-- ===== src/Examples/Reboots.antt =====
-- A device that reboots, with a store and nothing else.
use cpe_acs_connector_tr.Base.{
  Bool, true, false, List, [], ◌∷◌, Option, none, some, ◌≡◌, refl, ap, Bytes, codes, equal,
}
use cpe_acs_connector_tr.Transformer.{TransformerApi}
use cpe_acs_connector_tr.HttpClient.{Curl}
use cpe_acs_connector_tr.Download.{System}
use cpe_acs_connector_tr.Platform.{Platform}
use cpe_acs_connector_tr.Config.{default_config, info}
use cpe_acs_connector_tr.Daemon.{
  Daemon, contains, event_boot, event_reboot, refresh_config, config_changed,
}
use cpe_acs_connector_tr.Daemon.Kept.{device_of}
use cpe_acs_connector_tr.Daemon.Loop.{
  Inputs, reboot_or_end, note_reboot_event, start, handle_reboot,
}
use cpe_acs_connector_tr.Session.{SessionOutcome, no_outcome}
use cpe_acs_connector_tr.Uci
use cpe_acs_connector_tr.Uci.Words.{split}
use cpe_acs_connector_tr.Reboot
use cpe_acs_connector_tr.Daemon.Reboots.{Restarts, reboot_reported, reboot_reported_once}
use cpe_acs_connector_tr.Examples.{xml, clock, quiet}
use cpe_acs_connector_tr.Examples.Stores.{Stores, uci_shell, uci_store, nothing_stored}

abbrev api : TransformerApi Stores
api = record {
  get_parameter_values = λ s paths reveal. ([], []);
  set_parameter_values =
      λ s values key. (record { success = true; error = []; failed_parameter = [] }, s);
  get_parameter_names = λ s path. ([], []);
}

abbrev curl : Curl Stores
curl = record {
  open_file = λ s path. (true, s);
  easy_init = λ s. true;
  perform = λ s request. (([], 404), s);
  remove_file = λ s path. s;
}

abbrev system : System Stores
system = record {
  make_directory = λ s path. (none, s);
  now_iso = λ s. codes "2024-01-01T00:00:00Z";
  sleep = λ s n. s;
}

abbrev device : Platform Stores
device = record {
  api = api;
  ready = true;
  shell = uci_shell;
  xml = xml;
  curl = curl;
  system = system;
  clock = clock;
  getenv = λ name. none;
  can_listen = λ s config. true;
}

execute_keeps : (mock : Bool) (s : Stores) → (Reboot.execute uci_shell mock s).1 ≡ s
unfolding Reboot.execute codes split
execute_keeps true s = refl
execute_keeps false s = refl

-- The device boots on what is stored.
abbrev restarts : Restarts Stores device uci_store
restarts = record {
  restarted = λ s. (s.1, s.1);
  restarts = λ s k. refl;
  reboots = λ mock s k. ap (λ r. r.1 k) (execute_keeps mock s);
}

abbrev on : Stores → Daemon Stores
on s = record {
  config = record default_config { acs_url = codes "http://acs"; mock_mode = false };
  level = info;
  connection_server = none;
  flags = quiet;
  state = codes "idle";
  device = s;
}

abbrev flagged : Stores
unfolding Uci.set
flagged =
    (Uci.set uci_shell false nothing_stored (codes "tr69.settings.pending_reboot_event")
      (codes "1")).1

abbrev stored : Stores
unfolding Uci.commit
stored = (Uci.commit uci_shell false flagged (codes "tr69")).1

-- The ACS asks for a reboot, and the daemon waits behind it.
abbrev asked : SessionOutcome
asked = record no_outcome { success = true; reboot_requested = true }

abbrev waiting : Inputs
waiting = record {
  replies = [];
  transfer_replies = [];
  during_session = quiet;
  during_wait = quiet;
}

abbrev booted : Daemon Stores
unfolding handle_reboot
booted = on (
    restarts.restarted (
      device_of (handle_reboot device (on nothing_stored)).device
        (reboot_or_end device waiting asked (on nothing_stored))))

abbrev started : Option (List Bytes × Daemon Stores) → List Bytes × Daemon Stores
started none = ([], booted)
started (some r) = r

reboot_reported_example : contains (started (start device booted)).0 event_reboot ≡ true
unfolding Uci.set Uci.commit Uci.valid_key codes start booted refresh_config config_changed
reboot_reported_example =
    reboot_reported device uci_store restarts waiting asked (on nothing_stored) booted
      (started (start device booted)).1 flagged stored (started (start device booted)).0 refl refl
      refl refl refl refl refl

-- The daemon behind its first session, which has reported the reboot.
abbrev reported : List Bytes
reported = event_boot ∷ event_reboot ∷ []

abbrev informed : Daemon Stores
unfolding stored
informed =
    let d = on stored in record d { config = record d.config { pending_reboot_event = true } }

abbrev success : SessionOutcome
success = record no_outcome { success = true }

abbrev reset : Stores
unfolding Uci.set informed
reset =
    (Uci.set uci_shell false informed.device (codes "tr69.settings.pending_reboot_event")
      (codes "0")).1

abbrev reset_for_good : Stores
unfolding Uci.commit reset
reset_for_good = (Uci.commit uci_shell false reset (codes "tr69")).1

abbrev rebooted : Daemon Stores
unfolding note_reboot_event informed
rebooted = on (restarts.restarted (note_reboot_event device success reported informed).device)

reboot_reported_once_example : contains (started (start device rebooted)).0 event_reboot ≡ false
unfolding Uci.set Uci.commit Uci.valid_key codes start rebooted refresh_config config_changed
    contains equal
reboot_reported_once_example =
    reboot_reported_once device uci_store restarts success reported informed rebooted
      (started (start device rebooted)).1 reset reset_for_good (started (start device rebooted)).0
      refl refl refl refl refl refl refl refl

> **Prompt**: Print all the data exactly as shown above.

> **Task output**:
-- ===== src/Examples/Reboots.antt =====
-- A device that reboots, with a store and nothing else.
use cpe_acs_connector_tr.Base.{
  Bool, true, false, List, [], ◌∷◌, Option, none, some, ◌≡◌, refl, ap, Bytes, codes, equal,
}
use cpe_acs_connector_tr.Transformer.{TransformerApi}
use cpe_acs_connector_tr.HttpClient.{Curl}
use cpe_acs_connector_tr.Download.{System}
use cpe_acs_connector_tr.Platform.{Platform}
use cpe_acs_connector_tr.Config.{default_config, info}
use cpe_acs_connector_tr.Daemon.{
  Daemon, contains, event_boot, event_reboot, refresh_config, config_changed,
}
use cpe_acs_connector_tr.Daemon.Kept.{device_of}
use cpe_acs_connector_tr.Daemon.Loop.{
  Inputs, reboot_or_end, note_reboot_event, start, handle_reboot,
}
use cpe_acs_connector_tr.Session.{SessionOutcome, no_outcome}
use cpe_acs_connector_tr.Uci
use cpe_acs_connector_tr.Uci.Words.{split}
use cpe_acs_connector_tr.Reboot
use cpe_acs_connector_tr.Daemon.Reboots.{Restarts, reboot_reported, reboot_reported_once}
use cpe_acs_connector_tr.Examples.{xml, clock, quiet}
use cpe_acs_connector_tr.Examples.Stores.{Stores, uci_shell, uci_store, nothing_stored}

abbrev api : TransformerApi Stores
api = record {
  get_parameter_values = λ s paths reveal. ([], []);
  set_parameter_values =
      λ s values key. (record { success = true; error = []; failed_parameter = [] }, s);
  get_parameter_names = λ s path. ([], []);
}

abbrev curl : Curl Stores
curl = record {
  open_file = λ s path. (true, s);
  easy_init = λ s. true;
  perform = λ s request. (([], 404), s);
  remove_file = λ s path. s;
}

abbrev system : System Stores
system = record {
  make_directory = λ s path. (none, s);
  now_iso = λ s. codes "2024-01-01T00:00:00Z";
  sleep = λ s n. s;
}

abbrev device : Platform Stores
device = record {
  api = api;
  ready = true;
  shell = uci_shell;
  xml = xml;
  curl = curl;
  system = system;
  clock = clock;
  getenv = λ name. none;
  can_listen = λ s config. true;
}

execute_keeps : (mock : Bool) (s : Stores) → (Reboot.execute uci_shell mock s).1 ≡ s
unfolding Reboot.execute codes split
execute_keeps true s = refl
execute_keeps false s = refl

-- The device boots on what is stored.
abbrev restarts : Restarts Stores device uci_store
restarts = record {
  restarted = λ s. (s.1, s.1);
  restarts = λ s k. refl;
  reboots = λ mock s k. ap (λ r. r.1 k) (execute_keeps mock s);
}

abbrev on : Stores → Daemon Stores
on s = record {
  config = record default_config { acs_url = codes "http://acs"; mock_mode = false };
  level = info;
  connection_server = none;
  flags = quiet;
  state = codes "idle";
  device = s;
}

abbrev flagged : Stores
unfolding Uci.set
flagged =
    (Uci.set uci_shell false nothing_stored (codes "tr69.settings.pending_reboot_event")
      (codes "1")).1

abbrev stored : Stores
unfolding Uci.commit
stored = (Uci.commit uci_shell false flagged (codes "tr69")).1

-- The ACS asks for a reboot, and the daemon waits behind it.
abbrev asked : SessionOutcome
asked = record no_outcome { success = true; reboot_requested = true }

abbrev waiting : Inputs
waiting = record {
  replies = [];
  transfer_replies = [];
  during_session = quiet;
  during_wait = quiet;
}

abbrev booted : Daemon Stores
unfolding handle_reboot
booted = on (
    restarts.restarted (
      device_of (handle_reboot device (on nothing_stored)).device
        (reboot_or_end device waiting asked (on nothing_stored))))

abbrev started : Option (List Bytes × Daemon Stores) → List Bytes × Daemon Stores
started none = ([], booted)
started (some r) = r

reboot_reported_example : contains (started (start device booted)).0 event_reboot ≡ true
unfolding Uci.set Uci.commit Uci.valid_key codes start booted refresh_config config_changed
reboot_reported_example =
    reboot_reported device uci_store restarts waiting asked (on nothing_stored) booted
      (started (start device booted)).1 flagged stored (started (start device booted)).0 refl refl
      refl refl refl refl refl

-- The daemon behind its first session, which has reported the reboot.
abbrev reported : List Bytes
reported = event_boot ∷ event_reboot ∷ []

abbrev informed : Daemon Stores
unfolding stored
informed =
    let d = on stored in record d { config = record d.config { pending_reboot_event = true } }

abbrev success : SessionOutcome
success = record no_outcome { success = true }

abbrev reset : Stores
unfolding Uci.set informed
reset =
    (Uci.set uci_shell false informed.device (codes "tr69.settings.pending_reboot_event")
      (codes "0")).1

abbrev reset_for_good : Stores
unfolding Uci.commit reset
reset_for_good = (Uci.commit uci_shell false reset (codes "tr69")).1

abbrev rebooted : Daemon Stores
unfolding note_reboot_event informed
rebooted = on (restarts.restarted (note_reboot_event device success reported informed).device)

reboot_reported_once_example : contains (started (start device rebooted)).0 event_reboot ≡ false
unfolding Uci.set Uci.commit Uci.valid_key codes start rebooted refresh_config config_changed
    contains equal
reboot_reported_once_example =
    reboot_reported_once device uci_store restarts success reported informed rebooted
      (started (start device rebooted)).1 reset reset_for_good (started (start device rebooted)).0
      refl refl refl refl refl refl refl refl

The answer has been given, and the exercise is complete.